● Task goal:
Below are some records. Return exactly the lines from the one containing "message separator cmd [] = cmd" through the one containing "-- The loop over a whole", both included, and only those.
================
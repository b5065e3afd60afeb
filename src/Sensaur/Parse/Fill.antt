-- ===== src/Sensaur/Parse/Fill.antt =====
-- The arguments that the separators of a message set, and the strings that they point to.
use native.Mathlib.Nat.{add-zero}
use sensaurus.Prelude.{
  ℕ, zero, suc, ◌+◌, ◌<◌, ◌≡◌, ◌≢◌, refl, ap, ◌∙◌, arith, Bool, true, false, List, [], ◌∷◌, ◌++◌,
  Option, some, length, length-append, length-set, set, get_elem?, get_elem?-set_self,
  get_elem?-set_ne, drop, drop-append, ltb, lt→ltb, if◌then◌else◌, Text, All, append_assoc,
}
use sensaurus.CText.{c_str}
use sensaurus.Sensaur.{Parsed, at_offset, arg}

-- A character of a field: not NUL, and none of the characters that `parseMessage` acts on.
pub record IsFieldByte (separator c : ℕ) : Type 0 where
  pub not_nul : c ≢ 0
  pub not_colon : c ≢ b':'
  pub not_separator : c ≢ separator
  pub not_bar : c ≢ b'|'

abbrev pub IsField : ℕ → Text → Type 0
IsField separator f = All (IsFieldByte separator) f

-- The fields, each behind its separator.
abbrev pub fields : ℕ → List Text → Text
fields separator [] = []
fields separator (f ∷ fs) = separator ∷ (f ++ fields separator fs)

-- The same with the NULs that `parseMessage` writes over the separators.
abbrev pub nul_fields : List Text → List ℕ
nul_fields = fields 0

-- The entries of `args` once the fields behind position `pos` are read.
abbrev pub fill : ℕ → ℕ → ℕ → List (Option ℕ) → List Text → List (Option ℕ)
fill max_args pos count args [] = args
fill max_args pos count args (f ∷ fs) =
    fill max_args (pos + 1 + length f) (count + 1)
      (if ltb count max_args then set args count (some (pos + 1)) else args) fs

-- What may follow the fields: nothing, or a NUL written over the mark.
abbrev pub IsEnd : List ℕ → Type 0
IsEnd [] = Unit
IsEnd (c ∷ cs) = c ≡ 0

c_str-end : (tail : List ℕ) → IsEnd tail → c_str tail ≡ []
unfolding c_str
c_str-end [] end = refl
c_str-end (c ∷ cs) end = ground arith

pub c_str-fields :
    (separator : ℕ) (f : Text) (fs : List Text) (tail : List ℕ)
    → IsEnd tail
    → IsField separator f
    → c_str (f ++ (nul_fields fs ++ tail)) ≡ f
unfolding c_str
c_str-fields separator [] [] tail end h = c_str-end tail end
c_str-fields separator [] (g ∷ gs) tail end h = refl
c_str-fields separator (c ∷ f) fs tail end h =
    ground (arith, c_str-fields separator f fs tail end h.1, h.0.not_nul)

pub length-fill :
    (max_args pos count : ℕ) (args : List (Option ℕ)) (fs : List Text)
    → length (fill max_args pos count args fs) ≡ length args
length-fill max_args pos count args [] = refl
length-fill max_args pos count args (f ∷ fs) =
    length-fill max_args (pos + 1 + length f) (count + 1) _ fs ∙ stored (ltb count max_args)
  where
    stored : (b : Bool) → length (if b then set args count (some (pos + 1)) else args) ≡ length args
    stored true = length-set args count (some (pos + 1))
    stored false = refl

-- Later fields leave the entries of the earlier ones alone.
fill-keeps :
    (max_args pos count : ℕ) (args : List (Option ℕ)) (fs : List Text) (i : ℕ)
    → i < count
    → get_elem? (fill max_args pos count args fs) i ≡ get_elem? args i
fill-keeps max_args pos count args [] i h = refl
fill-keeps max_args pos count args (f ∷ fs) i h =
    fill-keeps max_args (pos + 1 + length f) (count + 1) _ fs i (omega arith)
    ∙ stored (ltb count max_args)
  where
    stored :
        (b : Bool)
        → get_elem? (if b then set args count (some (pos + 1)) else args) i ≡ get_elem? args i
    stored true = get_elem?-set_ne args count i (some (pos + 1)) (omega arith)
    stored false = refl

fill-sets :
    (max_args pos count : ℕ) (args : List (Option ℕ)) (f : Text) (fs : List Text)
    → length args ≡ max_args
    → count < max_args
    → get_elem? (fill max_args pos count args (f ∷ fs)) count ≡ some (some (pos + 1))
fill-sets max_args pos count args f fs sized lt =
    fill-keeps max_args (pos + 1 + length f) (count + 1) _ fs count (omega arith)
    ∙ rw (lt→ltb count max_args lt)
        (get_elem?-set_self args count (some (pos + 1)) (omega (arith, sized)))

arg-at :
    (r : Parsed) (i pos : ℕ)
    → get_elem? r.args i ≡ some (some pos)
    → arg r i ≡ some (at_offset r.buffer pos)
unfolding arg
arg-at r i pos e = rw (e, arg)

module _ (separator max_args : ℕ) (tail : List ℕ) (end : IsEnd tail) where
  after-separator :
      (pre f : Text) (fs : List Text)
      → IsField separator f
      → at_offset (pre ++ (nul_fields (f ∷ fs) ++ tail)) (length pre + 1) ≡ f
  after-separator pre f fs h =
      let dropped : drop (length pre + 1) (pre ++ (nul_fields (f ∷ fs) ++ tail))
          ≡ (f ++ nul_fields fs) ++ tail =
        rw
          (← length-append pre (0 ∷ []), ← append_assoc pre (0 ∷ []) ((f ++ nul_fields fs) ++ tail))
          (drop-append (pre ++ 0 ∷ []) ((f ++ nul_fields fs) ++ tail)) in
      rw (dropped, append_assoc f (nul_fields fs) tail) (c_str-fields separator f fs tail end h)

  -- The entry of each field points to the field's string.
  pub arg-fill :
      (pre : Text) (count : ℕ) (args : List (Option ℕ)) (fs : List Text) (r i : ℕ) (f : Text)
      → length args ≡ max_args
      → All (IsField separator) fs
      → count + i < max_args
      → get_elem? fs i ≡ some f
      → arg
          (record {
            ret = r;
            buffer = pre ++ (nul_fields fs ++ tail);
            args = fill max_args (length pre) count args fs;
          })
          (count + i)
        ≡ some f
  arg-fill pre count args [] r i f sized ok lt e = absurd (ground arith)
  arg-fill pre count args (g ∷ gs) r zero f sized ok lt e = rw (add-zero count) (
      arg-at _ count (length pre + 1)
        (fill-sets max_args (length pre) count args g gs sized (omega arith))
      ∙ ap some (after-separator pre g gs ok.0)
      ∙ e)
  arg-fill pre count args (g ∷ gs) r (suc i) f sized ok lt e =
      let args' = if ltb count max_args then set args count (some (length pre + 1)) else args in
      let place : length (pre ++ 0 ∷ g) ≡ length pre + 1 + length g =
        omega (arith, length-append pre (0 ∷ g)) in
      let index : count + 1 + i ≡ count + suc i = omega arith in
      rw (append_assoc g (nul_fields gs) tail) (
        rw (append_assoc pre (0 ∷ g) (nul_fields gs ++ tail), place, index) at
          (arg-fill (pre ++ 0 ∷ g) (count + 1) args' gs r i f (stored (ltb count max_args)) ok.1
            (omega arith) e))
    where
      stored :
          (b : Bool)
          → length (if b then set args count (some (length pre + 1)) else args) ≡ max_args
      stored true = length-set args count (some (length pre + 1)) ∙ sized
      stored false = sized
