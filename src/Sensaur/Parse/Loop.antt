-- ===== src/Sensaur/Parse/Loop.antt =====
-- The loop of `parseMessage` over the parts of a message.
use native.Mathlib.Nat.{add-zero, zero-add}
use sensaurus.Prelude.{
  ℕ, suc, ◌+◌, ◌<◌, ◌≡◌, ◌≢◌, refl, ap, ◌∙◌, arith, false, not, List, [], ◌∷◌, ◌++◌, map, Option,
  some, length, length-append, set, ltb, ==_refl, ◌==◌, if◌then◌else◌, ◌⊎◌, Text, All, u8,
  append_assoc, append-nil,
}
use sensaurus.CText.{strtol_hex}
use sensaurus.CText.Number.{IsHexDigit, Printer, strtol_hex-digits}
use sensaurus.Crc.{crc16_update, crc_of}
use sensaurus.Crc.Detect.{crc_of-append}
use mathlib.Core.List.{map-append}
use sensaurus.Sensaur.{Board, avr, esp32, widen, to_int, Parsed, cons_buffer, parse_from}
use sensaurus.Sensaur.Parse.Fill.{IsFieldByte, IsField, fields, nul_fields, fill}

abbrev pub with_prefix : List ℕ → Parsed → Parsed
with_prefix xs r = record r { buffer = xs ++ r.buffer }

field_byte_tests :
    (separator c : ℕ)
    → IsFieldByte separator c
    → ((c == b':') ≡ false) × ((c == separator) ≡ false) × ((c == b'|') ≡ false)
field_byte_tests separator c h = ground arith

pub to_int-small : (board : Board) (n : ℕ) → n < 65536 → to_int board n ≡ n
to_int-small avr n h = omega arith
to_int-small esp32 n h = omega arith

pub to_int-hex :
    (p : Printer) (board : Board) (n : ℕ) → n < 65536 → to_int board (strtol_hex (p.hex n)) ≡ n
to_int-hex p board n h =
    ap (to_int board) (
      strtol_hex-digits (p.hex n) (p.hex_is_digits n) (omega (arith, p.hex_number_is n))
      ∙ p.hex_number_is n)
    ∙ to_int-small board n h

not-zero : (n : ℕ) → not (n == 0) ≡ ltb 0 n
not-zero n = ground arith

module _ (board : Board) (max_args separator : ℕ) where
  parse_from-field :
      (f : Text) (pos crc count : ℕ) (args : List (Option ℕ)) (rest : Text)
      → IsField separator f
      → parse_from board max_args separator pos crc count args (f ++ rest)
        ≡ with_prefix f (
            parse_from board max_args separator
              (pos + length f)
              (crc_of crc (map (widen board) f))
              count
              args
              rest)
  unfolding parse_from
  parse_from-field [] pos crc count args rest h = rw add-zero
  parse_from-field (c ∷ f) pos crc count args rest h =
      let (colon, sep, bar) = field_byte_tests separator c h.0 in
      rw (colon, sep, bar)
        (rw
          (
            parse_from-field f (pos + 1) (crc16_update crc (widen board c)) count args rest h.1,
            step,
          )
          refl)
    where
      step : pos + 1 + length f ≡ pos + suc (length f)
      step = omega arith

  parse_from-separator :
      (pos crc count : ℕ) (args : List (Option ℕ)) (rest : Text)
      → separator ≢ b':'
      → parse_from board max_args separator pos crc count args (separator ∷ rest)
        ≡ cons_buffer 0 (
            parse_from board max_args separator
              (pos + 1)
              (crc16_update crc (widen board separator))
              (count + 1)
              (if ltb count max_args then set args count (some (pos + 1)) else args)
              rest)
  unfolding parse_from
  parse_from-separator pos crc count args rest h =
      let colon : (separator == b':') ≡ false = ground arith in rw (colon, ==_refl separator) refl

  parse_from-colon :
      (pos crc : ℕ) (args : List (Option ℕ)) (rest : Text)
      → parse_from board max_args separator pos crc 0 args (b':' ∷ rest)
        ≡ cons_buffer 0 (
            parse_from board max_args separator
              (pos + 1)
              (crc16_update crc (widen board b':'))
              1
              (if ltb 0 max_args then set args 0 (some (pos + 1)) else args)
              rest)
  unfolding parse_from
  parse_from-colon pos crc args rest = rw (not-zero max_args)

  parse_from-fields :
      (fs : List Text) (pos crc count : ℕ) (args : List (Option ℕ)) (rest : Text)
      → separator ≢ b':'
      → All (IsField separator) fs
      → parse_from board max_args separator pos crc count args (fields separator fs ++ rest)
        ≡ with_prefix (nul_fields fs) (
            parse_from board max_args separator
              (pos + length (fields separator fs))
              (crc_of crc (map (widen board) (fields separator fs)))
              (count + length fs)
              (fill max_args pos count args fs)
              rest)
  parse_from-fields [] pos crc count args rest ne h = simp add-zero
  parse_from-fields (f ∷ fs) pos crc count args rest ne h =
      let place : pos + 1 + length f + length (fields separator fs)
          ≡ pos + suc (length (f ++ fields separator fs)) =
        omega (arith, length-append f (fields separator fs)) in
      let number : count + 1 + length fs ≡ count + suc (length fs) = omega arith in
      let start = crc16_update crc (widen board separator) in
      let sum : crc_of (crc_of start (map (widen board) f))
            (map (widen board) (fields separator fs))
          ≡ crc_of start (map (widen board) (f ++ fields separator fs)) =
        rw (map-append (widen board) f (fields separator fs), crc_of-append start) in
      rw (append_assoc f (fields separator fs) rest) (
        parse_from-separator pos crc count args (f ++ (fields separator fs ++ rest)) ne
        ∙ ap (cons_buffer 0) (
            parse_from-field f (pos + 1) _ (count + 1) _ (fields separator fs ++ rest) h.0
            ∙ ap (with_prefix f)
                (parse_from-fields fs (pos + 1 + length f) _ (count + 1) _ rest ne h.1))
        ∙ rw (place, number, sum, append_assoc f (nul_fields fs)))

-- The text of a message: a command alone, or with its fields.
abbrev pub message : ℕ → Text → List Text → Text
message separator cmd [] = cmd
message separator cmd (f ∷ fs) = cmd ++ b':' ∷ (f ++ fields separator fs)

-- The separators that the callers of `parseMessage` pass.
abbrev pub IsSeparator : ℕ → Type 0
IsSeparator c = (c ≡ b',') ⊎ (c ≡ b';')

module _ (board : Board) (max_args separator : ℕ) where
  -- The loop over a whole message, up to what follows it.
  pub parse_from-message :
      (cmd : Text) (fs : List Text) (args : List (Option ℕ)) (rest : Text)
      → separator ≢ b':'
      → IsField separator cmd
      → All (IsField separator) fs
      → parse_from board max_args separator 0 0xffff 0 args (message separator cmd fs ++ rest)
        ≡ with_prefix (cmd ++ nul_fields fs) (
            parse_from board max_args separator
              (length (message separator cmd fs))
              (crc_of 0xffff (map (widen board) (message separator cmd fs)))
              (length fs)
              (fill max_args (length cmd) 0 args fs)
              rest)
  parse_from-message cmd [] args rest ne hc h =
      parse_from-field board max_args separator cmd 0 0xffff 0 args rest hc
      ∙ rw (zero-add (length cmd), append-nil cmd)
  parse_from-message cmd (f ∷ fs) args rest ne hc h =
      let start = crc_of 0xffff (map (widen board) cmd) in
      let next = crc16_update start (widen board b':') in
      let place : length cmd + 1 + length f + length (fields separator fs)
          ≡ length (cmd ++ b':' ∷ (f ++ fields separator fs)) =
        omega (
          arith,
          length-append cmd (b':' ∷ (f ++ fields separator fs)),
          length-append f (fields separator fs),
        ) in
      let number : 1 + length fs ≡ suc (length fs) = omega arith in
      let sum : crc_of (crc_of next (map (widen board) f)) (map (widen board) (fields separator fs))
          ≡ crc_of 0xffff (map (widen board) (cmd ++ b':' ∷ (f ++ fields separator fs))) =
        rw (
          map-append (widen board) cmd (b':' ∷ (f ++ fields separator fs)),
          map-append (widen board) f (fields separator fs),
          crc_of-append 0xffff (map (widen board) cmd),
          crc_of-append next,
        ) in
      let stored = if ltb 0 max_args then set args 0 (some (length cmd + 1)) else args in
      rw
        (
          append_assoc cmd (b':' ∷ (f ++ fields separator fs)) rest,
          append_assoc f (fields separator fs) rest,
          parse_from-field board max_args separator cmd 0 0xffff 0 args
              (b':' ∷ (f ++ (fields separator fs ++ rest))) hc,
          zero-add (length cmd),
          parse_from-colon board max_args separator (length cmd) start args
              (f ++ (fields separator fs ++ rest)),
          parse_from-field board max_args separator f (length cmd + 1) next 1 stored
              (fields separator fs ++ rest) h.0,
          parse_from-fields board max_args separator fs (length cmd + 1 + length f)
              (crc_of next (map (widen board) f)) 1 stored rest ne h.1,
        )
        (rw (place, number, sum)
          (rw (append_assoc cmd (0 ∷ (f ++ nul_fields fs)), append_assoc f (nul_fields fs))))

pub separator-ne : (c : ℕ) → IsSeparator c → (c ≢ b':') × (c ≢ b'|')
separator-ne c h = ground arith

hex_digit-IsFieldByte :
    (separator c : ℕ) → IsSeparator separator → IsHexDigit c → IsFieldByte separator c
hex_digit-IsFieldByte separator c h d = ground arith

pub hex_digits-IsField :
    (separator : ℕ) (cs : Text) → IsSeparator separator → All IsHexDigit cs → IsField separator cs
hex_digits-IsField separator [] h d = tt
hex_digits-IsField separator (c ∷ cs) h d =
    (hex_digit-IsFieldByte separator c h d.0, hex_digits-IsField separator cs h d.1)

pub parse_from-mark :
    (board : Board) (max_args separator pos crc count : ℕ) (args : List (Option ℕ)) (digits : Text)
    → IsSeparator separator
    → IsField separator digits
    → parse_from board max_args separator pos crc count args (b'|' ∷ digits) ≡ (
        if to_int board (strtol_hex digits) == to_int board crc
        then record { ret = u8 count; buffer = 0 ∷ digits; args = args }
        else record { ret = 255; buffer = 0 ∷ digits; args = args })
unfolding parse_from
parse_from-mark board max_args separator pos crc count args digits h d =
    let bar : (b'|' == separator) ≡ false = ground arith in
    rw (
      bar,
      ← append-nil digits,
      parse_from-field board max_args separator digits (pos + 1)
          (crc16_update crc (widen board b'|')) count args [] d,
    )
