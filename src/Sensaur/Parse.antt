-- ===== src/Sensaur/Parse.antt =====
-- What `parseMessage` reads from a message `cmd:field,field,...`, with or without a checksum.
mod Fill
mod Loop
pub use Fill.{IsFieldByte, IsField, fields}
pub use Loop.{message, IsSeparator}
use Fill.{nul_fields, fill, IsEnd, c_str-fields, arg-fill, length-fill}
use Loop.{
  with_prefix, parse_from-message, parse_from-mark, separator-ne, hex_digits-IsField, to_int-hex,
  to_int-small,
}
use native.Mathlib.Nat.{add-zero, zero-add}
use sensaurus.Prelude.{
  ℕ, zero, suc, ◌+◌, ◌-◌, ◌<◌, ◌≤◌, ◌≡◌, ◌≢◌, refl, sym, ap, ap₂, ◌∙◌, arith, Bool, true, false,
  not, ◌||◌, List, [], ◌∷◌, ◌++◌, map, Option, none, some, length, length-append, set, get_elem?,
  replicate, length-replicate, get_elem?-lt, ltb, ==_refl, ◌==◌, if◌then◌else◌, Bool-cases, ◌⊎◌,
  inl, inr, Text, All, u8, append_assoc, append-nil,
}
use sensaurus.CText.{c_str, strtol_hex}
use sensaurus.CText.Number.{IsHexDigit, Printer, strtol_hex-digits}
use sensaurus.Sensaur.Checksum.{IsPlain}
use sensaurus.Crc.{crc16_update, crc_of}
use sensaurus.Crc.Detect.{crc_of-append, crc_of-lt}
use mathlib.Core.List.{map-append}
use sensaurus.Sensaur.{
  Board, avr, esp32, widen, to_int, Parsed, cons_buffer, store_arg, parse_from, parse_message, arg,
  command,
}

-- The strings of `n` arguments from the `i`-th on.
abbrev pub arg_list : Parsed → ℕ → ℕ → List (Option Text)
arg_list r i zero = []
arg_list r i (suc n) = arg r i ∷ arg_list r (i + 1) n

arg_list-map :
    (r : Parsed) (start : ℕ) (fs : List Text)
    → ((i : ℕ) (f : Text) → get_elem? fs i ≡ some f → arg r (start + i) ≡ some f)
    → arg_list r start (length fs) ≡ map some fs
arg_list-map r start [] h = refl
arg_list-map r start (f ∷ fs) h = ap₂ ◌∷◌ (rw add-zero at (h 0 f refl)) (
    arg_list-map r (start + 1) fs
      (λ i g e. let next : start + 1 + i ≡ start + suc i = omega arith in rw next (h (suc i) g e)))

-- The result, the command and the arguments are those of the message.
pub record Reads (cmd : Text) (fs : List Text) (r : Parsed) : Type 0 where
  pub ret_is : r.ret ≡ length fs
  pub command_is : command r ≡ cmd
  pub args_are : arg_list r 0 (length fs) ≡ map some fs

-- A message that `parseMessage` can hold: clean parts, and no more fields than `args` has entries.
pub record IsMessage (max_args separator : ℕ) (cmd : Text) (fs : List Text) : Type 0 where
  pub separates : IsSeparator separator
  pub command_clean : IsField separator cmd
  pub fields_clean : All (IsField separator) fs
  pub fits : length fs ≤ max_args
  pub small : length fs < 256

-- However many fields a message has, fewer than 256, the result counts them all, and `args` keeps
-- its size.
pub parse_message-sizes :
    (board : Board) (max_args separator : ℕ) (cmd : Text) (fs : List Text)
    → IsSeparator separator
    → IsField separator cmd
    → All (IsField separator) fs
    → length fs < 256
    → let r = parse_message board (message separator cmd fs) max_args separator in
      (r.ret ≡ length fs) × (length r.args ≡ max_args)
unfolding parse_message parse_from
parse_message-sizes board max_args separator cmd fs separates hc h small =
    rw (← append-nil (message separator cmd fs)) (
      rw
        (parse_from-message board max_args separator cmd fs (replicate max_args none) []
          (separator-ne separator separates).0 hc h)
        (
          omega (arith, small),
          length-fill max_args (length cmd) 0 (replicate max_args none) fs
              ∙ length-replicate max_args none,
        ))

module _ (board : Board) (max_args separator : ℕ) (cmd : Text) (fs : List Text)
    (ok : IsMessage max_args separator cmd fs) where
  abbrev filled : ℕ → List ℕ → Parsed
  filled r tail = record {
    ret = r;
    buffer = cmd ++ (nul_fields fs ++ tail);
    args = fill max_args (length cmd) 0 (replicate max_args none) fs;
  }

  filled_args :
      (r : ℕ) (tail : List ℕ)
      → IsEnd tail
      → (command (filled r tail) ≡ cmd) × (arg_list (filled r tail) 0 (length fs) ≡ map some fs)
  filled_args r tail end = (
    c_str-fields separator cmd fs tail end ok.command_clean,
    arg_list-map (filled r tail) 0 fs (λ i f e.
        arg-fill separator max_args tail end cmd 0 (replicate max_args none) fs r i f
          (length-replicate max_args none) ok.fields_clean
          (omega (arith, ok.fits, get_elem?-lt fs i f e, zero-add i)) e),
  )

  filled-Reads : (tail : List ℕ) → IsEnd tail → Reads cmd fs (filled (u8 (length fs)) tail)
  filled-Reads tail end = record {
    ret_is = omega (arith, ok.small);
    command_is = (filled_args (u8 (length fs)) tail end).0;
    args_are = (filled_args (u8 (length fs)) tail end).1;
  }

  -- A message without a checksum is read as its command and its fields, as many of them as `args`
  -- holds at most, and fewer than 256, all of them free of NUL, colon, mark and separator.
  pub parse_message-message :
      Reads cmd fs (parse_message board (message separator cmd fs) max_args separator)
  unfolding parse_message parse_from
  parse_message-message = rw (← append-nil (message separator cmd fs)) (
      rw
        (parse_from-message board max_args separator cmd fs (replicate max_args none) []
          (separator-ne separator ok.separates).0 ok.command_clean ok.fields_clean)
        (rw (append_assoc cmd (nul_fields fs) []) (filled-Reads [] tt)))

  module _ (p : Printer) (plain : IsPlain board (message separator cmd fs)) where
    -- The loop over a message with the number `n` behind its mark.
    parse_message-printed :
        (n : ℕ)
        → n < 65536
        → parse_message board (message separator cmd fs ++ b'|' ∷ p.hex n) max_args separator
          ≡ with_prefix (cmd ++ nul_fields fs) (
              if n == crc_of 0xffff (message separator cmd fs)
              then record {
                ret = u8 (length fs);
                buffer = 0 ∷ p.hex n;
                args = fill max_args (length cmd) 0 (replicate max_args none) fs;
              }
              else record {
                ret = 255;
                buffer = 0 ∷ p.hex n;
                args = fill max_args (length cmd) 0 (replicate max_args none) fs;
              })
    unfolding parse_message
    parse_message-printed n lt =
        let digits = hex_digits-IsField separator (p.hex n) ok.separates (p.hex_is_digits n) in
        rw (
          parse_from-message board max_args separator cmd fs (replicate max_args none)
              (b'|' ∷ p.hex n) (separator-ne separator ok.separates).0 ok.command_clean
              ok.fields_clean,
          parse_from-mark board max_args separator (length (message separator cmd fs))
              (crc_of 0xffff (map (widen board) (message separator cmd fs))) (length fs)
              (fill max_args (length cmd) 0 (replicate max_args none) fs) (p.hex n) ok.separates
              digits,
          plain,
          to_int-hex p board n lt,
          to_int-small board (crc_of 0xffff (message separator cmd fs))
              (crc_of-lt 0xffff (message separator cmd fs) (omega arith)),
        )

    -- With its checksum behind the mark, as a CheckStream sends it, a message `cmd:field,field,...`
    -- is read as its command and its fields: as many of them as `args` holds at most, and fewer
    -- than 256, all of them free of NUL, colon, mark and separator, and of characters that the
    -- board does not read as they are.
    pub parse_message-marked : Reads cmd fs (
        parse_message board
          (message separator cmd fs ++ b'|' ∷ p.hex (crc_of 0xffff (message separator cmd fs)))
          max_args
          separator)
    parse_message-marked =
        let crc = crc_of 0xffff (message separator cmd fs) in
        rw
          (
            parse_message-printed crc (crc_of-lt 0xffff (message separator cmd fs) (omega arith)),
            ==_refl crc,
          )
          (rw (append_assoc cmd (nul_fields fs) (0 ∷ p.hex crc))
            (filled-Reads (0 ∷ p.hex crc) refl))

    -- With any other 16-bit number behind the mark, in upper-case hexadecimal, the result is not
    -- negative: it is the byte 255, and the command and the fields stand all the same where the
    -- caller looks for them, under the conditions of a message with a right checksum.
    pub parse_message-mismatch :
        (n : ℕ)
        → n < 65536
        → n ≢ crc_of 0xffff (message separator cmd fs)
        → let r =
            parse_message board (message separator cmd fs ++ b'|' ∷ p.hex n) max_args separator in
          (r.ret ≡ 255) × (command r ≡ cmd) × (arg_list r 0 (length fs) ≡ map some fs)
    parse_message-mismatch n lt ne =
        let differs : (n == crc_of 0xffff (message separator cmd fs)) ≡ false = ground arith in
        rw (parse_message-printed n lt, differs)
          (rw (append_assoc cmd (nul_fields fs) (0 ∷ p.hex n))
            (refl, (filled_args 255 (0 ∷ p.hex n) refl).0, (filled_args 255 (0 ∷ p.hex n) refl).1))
================
● Task answer:
message separator cmd [] = cmd
message separator cmd (f ∷ fs) = cmd ++ b':' ∷ (f ++ fields separator fs)

-- The separators that the callers of `parseMessage` pass.
abbrev pub IsSeparator : ℕ → Type 0
IsSeparator c = (c ≡ b',') ⊎ (c ≡ b';')

module _ (board : Board) (max_args separator : ℕ) where
  -- The loop over a whole message, up to what follows it.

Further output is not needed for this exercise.